Why "Follow Your Passion" Is Not Good Career Advice

Updated: Jan 2

Odds are you have heard the phrase "follow your passion" as a piece of career advice. The advice sounds easy and harmless enough, just find what you love and do it. Often times parents give their kids this advice as a way not put pressure on them to go into a career path that they do not love. It can be empowering to be given this freedom to pursue what you want without judgement. However many clients I see often talk about how this messaging raises their anxiety level and leaves them feeling lost. Why is that?

Incomplete Advice: The phrase "follow your passion" does not give a road map on how to find out what you love. It overlooks the complex process of self exploration, trying things out, learning from failure, being flexible, and taking advantage of unplanned events.

Decision Making Fatigue: Clients I work with talk about how there is pressure to figure out the one thing they love amidst many options. Additionally college students feel like whatever they major in is what they will be doing for the next forty years. They wonder "what will happen if I make the wrong choice?" This leads to what I call "decision making fatigue". It is where you are so overwhelmed by options that it is hard to take action.

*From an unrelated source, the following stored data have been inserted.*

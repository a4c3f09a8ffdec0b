-- ===== src/Buffer.antt =====
-- src/rtmp/src/DDS/rtmp/amf0/simple_buffer.h and simple_buffer.cpp: a growing vector of bytes with a
-- read cursor. The bytes of an `int8_t` are patterns below 256. A read past the end, or a failed
-- `assert`, is a `fault`: the build files never define NDEBUG.
pub mod Cursor
pub mod Words
pub mod Progress
mod Examples
use drone_server.Prelude.{
  Bool, Option, [], drop, get_elem?, if◌then◌else◌, leb, length, none, set, some, suc, take, zero,
  ℕ, ◌%◌, ◌*◌, ◌++◌, ◌+◌, ◌-◌, ◌^◌, ◌∷◌,
}
use drone_server.Prelude.Bytes.{Bytes, byte_at}
use drone_server.Prelude.Int.{negsuc, pos, ℤ}
use drone_server.Prelude.Outcome.{Outcome, fault, ok, ◌>>=◌}

pub record SimpleBuffer : Type 0 where
  pub content : Bytes
  pub pos : ℕ

abbrev pub empty_buffer : SimpleBuffer
empty_buffer = record { content = []; pos = 0 }

-- A run of code that may move the cursor.
abbrev pub Reader {ℓ} : Type ℓ → Type ℓ
Reader A = SimpleBuffer → Outcome (A × SimpleBuffer)

abbrev pub pure {ℓ} : {A : Type ℓ} → A → Reader A
pure a b = ok (a, b)

infixl 5 ◌>>>=◌
abbrev pub ◌>>>=◌ {ℓ κ} : {A : Type ℓ} {B : Type κ} → Reader A → (A → Reader B) → Reader B
◌>>>=◌ m f b = m b >>= λ r. f r.0 r.1

-- Writing.

unfoldable pub write_1byte : ℕ → SimpleBuffer → SimpleBuffer
write_1byte val b = record b { content = b.content ++ val % 256 ∷ [] }

-- `for (int i = n - 1; i >= 0; --i) _data.push_back(p[i]);`
unfoldable pub push_places : ℕ → ℕ → SimpleBuffer → SimpleBuffer
push_places zero val b = b
push_places (suc i) val b =
    push_places i val (record b { content = b.content ++ byte_at val i ∷ [] })

unfoldable pub write_2bytes : ℕ → SimpleBuffer → SimpleBuffer
unfolding push_places
write_2bytes = push_places 2

unfoldable pub write_3bytes : ℕ → SimpleBuffer → SimpleBuffer
unfolding push_places
write_3bytes = push_places 3

unfoldable pub write_4bytes : ℕ → SimpleBuffer → SimpleBuffer
unfolding push_places
write_4bytes = push_places 4

unfoldable pub write_8bytes : ℕ → SimpleBuffer → SimpleBuffer
unfolding push_places
write_8bytes = push_places 8

unfoldable pub write_string : Bytes → SimpleBuffer → SimpleBuffer
write_string val b = record b { content = b.content ++ val }

-- `bytes` is the array that the pointer points to, or `none` for a null pointer.
unfoldable pub append : Option Bytes → ℤ → SimpleBuffer → SimpleBuffer
append none size b = b
append (some bytes) (negsuc n) b = b
append (some bytes) (pos n) b = record b { content = b.content ++ take n bytes }

-- Reading.

-- `_data.size() - _pos` on size_t: it wraps when the cursor is past the end.
unfoldable pub remaining : SimpleBuffer → ℕ
remaining b =
    if leb b.pos (length b.content)
    then length b.content - b.pos
    else 2 ^ 64 - (b.pos - length b.content)

unfoldable pub require : ℤ → Reader Bool
unfolding remaining
require (pos n) b = ok (leb n (remaining b), b)
require (negsuc n) b = fault

unfoldable pub empty : SimpleBuffer → Bool
empty b = leb (length b.content) b.pos

-- `assert(require(n))`
unfoldable pub assert_require : ℕ → Reader (Unit {0})
unfolding require
assert_require n = require (pos n) >>>= λ enough. if enough then pure tt else (λ _. fault)

-- `_data.at(0 + _pos)`, then `_pos++`.
unfoldable pub next_byte : Reader ℕ
next_byte b = elim (get_elem? b.content b.pos) [
  | none ↦ fault
  | some x ↦ ok (x, record b { pos = b.pos + 1 })
]

unfoldable pub read_1byte : Reader ℕ
unfolding assert_require next_byte
read_1byte = assert_require 1 >>>= λ _. next_byte

-- `for (int i = n - 1; i >= 0; --i) { p[i] = _data.at(0 + _pos); _pos++; }`, the word so far in `val`.
unfoldable pub read_places : ℕ → ℕ → Reader ℕ
unfolding next_byte
read_places zero val = pure val
read_places (suc i) val = next_byte >>>= λ x. read_places i (val + x * 256 ^ i)

unfoldable pub read_2bytes : Reader ℕ
unfolding assert_require read_places
read_2bytes = assert_require 2 >>>= λ _. read_places 2 0

unfoldable pub read_3bytes : Reader ℕ
unfolding assert_require read_places
read_3bytes = assert_require 3 >>>= λ _. read_places 3 0

unfoldable pub read_4bytes : Reader ℕ
unfolding assert_require read_places
read_4bytes = assert_require 4 >>>= λ _. read_places 4 0

unfoldable pub read_8bytes : Reader ℕ
unfolding assert_require read_places
read_8bytes = assert_require 8 >>>= λ _. read_places 8 0

-- `std::string val(&_data[0] + _pos, len); _pos += len;`
unfoldable pub take_string : ℕ → Reader Bytes
take_string n b = ok (take n (drop b.pos b.content), record b { pos = b.pos + n })

-- The length is a signed number, and the `assert` refuses a negative one.
unfoldable pub read_string : ℤ → Reader Bytes
unfolding assert_require take_string
read_string (pos n) = assert_require n >>>= λ _. take_string n
read_string (negsuc n) = λ _. fault

unfoldable pub size : SimpleBuffer → ℕ
size b = length b.content

unfoldable pub clear : SimpleBuffer → SimpleBuffer
clear b = record { content = []; pos = 0 }

-- The loop `for (int i = 0; i < len; i++) _data[pos + i] = data[i];` over the bytes to write.
unfoldable pub overwrite : ℕ → Bytes → Bytes → Bytes
overwrite at [] content = content
overwrite at (x ∷ xs) content = overwrite (suc at) xs (set content at x)

unfoldable pub set_data : ℕ → Option Bytes → ℕ → SimpleBuffer → SimpleBuffer
unfolding overwrite
set_data at none len b = b
set_data at (some bytes) len b =
    if leb (at + len) (length b.content)
    then record b { content = overwrite at (take len bytes) b.content }
    else b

Passion is Not a Fixed Entity: I talked about the pressure that many individuals feel to find what their 'true' passion is. The truth is we have many jobs and passions over a lifetime. The Bureau of Labor Statistics show that a person has an average of 12-14 paid jobs until the age of 40. These jobs occur over several fields. This number does not account for the unpaid work and activities that we do. As individuals we grow and change. The things that gave us a sense of purpose at 18 may be different at 25 and at 40. Giving yourself permission to learn, grow, explore, and make changes based on the person you are today is one of the key ingredients in achieving authentic career wellness.